(Stored data entries)
•••••

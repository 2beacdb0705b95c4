-- ===== src/Lib0/VarInt.antt =====
-- WriteVarInt of encoder.go against ReadVarInt of decoder.go.
use native.Mathlib.Nat.{mod-eq_of_lt}
use native.Mathlib.Decide.{dec_lt}
use crdt_server.Base.{
  ℕ, zero, suc, ◌+◌, ◌-◌, ◌*◌, ◌/◌, ◌%◌, ◌^◌, ◌<◌, ◌≡◌, ◌⊎◌, inl, inr, refl, ◌∙◌, ap, Bool, true,
  false, List, [], ◌∷◌, ◌++◌, append_assoc, ltb, le→ltb, lt→ltb, ok, arith, if◌then◌else◌, has_bit,
}
use crdt_server.Lib0.Decoder.{var_int_loop, read_var_int, signed}
use crdt_server.Lib0.Encoder.{write_magnitude, write_var_int}
use crdt_server.Lib0.Transfer.{Transfers, holding}
use crdt_server.Lib0.VarUint.{groups, one_group, more_groups, split_scaled, scale_fits}

write_magnitude-groups :
    (k m : ℕ) (b : List ℕ) → 0 < m → m < 128 ^ suc k → write_magnitude (suc k) m b ≡ b ++ groups k m
unfolding write_magnitude
write_magnitude-groups zero m b h hm =
    let low : m % 128 + 0 ≡ m = omega arith in
    rw (lt→ltb 0 m h, le→ltb m 127 (omega arith), low, one_group zero m (omega arith))
write_magnitude-groups (suc k) m b h hm = elim (dec_lt 0x7F m) [
  | yes big ↦
      let top : m % 128 + 128 ≡ 128 + m % 128 = omega arith in
      rw (
        lt→ltb 0 m h,
        lt→ltb 127 m big,
        more_groups k m big,
        top,
        write_magnitude-groups k (m / 128) (b ++ ((128 + m % 128) ∷ [])) (omega arith)
            (omega arith),
        append_assoc,
      )
  | no small ↦
      let low : m % 128 + 0 ≡ m = omega arith in
      let gone : m / 128 ≡ 0 = omega arith in
      rw (lt→ltb 0 m h, le→ltb m 127 (omega arith), low, gone, one_group (suc k) m (omega arith))
]

-- One round of the loop on a last byte, and on a byte with the continuation bit.
last_byte :
    (negative : Bool) (w num mult : ℕ) (rest : List ℕ)
    → w < 128
    → num + w * mult < 2 ^ 64
    → var_int_loop negative num mult (w ∷ rest) ≡ ok (signed negative (num + w * mult), rest)
unfolding var_int_loop
last_byte negative w num mult rest hw fits = rw (
  lt→ltb w 128 hw,
  mod-eq_of_lt {n = w} hw,
  mod-eq_of_lt {n = w * mult} {m = 2 ^ 64} (omega arith),
  mod-eq_of_lt fits,
)

inner_byte :
    (negative : Bool) (g num mult : ℕ) (rest : List ℕ)
    → g < 128
    → num + g * mult < 2 ^ 53
    → mult * 128 < 2 ^ 64
    → var_int_loop negative num mult ((0x80 + g) ∷ rest)
      ≡ var_int_loop negative (num + g * mult) (mult * 128) rest
unfolding var_int_loop
inner_byte negative g num mult rest hg hs hm =
    let low : (0x80 + g) % 128 ≡ g = omega arith in
    rw (
      le→ltb 128 (0x80 + g) (omega arith),
      low,
      mod-eq_of_lt {n = g * mult} {m = 2 ^ 64} (omega arith),
      mod-eq_of_lt {n = num + g * mult} {m = 2 ^ 64} (omega arith),
      mod-eq_of_lt hm,
      le→ltb (num + g * mult) (2 ^ 53 - 1) (omega arith),
      le→ltb (num + g * mult) (2 ^ 63 - 1) (omega arith),
    )

var_int_loop-groups :
    (k w num mult : ℕ) (negative : Bool) (rest : List ℕ)
    → w < 128 ^ suc k
    → num + w * mult < 2 ^ 53
    → var_int_loop negative num mult (groups k w ++ rest)
      ≡ ok (signed negative (num + w * mult), rest)
var_int_loop-groups zero w num mult negative rest hw fits =
    rw (one_group zero w (omega arith))
      (last_byte negative w num mult rest (omega arith) (omega arith))
var_int_loop-groups (suc k) w num mult negative rest hw fits = elim (dec_lt 0x7F w) [
  | yes h ↦ rw (more_groups k w h) (
      inner_byte negative (w % 128) num mult (groups k (w / 128) ++ rest) (omega arith)
        (omega (arith, split_scaled w mult)) (omega (arith, scale_fits w mult h))
      ∙ var_int_loop-groups k (w / 128) (num + w % 128 * mult) (mult * 128) negative rest
          (omega arith) (omega (arith, split_scaled w mult))
      ∙ ap (λ n. ok (signed negative n, rest)) (omega (arith, split_scaled w mult)))
  | no h ↦
      rw (one_group (suc k) w (omega arith))
        (last_byte negative w num mult rest (omega arith) (omega arith))
]

-- The byte with the sign, and the groups behind it.
first_byte : Bool → ℕ → ℕ
first_byte negative num =
    num % 64 + (if ltb 0x3F num then 0x80 else 0) + (if negative then 0x40 else 0)

magnitude : Bool → ℕ → List ℕ
magnitude negative num =
    first_byte negative num ∷ (if ltb 0x3F num then groups 8 (num / 64) else [])

write-magnitude :
    (negative : Bool) (num : ℕ) (b : List ℕ)
    → num < 2 ^ 53
    → write_magnitude 9 (num / 64) (b ++ (first_byte negative num ∷ []))
      ≡ b ++ magnitude negative num
unfolding magnitude
write-magnitude negative num b h = elim (dec_lt 0x3F num) [
  | yes big ↦ rw (
    lt→ltb 0x3F num big,
    write_magnitude-groups 8 (num / 64) (b ++ (first_byte negative num ∷ [])) (omega arith)
        (omega arith),
    append_assoc,
  )
  | no small ↦
      let gone : num / 64 ≡ 0 = omega arith in
      rw (le→ltb num 0x3F (omega arith), gone) (unfold write_magnitude in refl)
]

sign_bit : (negative : Bool) (num : ℕ) → has_bit (first_byte negative num) 6 ≡ negative
unfolding first_byte
sign_bit true num = ground arith
sign_bit false num = ground arith

more_bit : (negative : Bool) (num : ℕ) → has_bit (first_byte negative num) 7 ≡ ltb 0x3F num
unfolding first_byte
more_bit true num = ground arith
more_bit false num = ground arith

value_bits : (negative : Bool) (num : ℕ) → first_byte negative num % 64 ≡ num % 64
unfolding first_byte
value_bits true num = ground arith
value_bits false num = ground arith

read-magnitude :
    (negative : Bool) (num : ℕ) (rest : List ℕ)
    → num < 2 ^ 53
    → read_var_int (magnitude negative num ++ rest) ≡ ok (signed negative num, rest)
unfolding magnitude read_var_int
read-magnitude negative num rest h = elim (dec_lt 0x3F num) [
  | yes big ↦
      rw
        (more_bit negative num, sign_bit negative num, value_bits negative num, lt→ltb 0x3F num big)
        (var_int_loop-groups 8 (num / 64) (num % 64) 64 negative rest (omega arith) (omega arith)
          ∙ ap (λ n. ok (signed negative n, rest)) (omega arith))
  | no small ↦ rw (
    more_bit negative num,
    sign_bit negative num,
    value_bits negative num,
    le→ltb num 0x3F (omega arith),
    mod-eq_of_lt {n = num} {m = 64} (omega arith),
  )
]

-- An int64 of magnitude below 2^53, by its bit pattern.
abbrev pub IsSafeInt : ℕ → Type 0
IsSafeInt v = (v < 2 ^ 53) ⊎ ((2 ^ 64 - 2 ^ 53 < v) × (v < 2 ^ 64))

-- A signed number that lib0 can represent is read back as it was written.
pub var_int-Transfers : (v : ℕ) → IsSafeInt v → Transfers (write_var_int v) read_var_int v 1
unfolding write_var_int
var_int-Transfers v (inl h) = record {
  bytes = magnitude false v;
  writes = λ b.
      rw (le→ltb v (2 ^ 63 - 1) (omega arith), le→ltb v (2 ^ 53 - 1) (omega arith))
        (ap holding (unfold first_byte in write-magnitude false v b h));
  reads = λ rest. read-magnitude false v rest h;
  long = unfold magnitude in omega arith;
}
var_int-Transfers v (inr (lo, hi)) =
    let num = 2 ^ 64 - v in
    let neg : (0 + 2 ^ 64 - v) % 2 ^ 64 ≡ num = omega arith in
    let back : (0 + 2 ^ 64 - num) % 2 ^ 64 ≡ v = omega arith in
    record {
      bytes = magnitude true num;
      writes = λ b.
          rw
            (
              lt→ltb (2 ^ 63 - 1) v (omega arith),
              le→ltb (2 ^ 64 - (2 ^ 53 - 1)) v (omega arith),
              lt→ltb (2 ^ 53 - 1) v (omega arith),
              neg,
            )
            (ap holding (unfold first_byte in write-magnitude true num b (omega arith)));
      reads = λ rest. read-magnitude true num rest (omega arith) ∙ ap (λ n. ok (n, rest)) back;
      long = unfold magnitude in omega arith;
    }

•••••

== The problem ==
Search the data for the string "refl" and copy out every line where it is found.

== Exercise answer ==
  ℕ, zero, suc, ◌+◌, ◌-◌, ◌*◌, ◌/◌, ◌%◌, ◌^◌, ◌<◌, ◌≡◌, ◌⊎◌, inl, inr, refl, ◌∙◌, ap, Bool, true,
      rw (le→ltb num 0x3F (omega arith), gone) (unfold write_magnitude in refl)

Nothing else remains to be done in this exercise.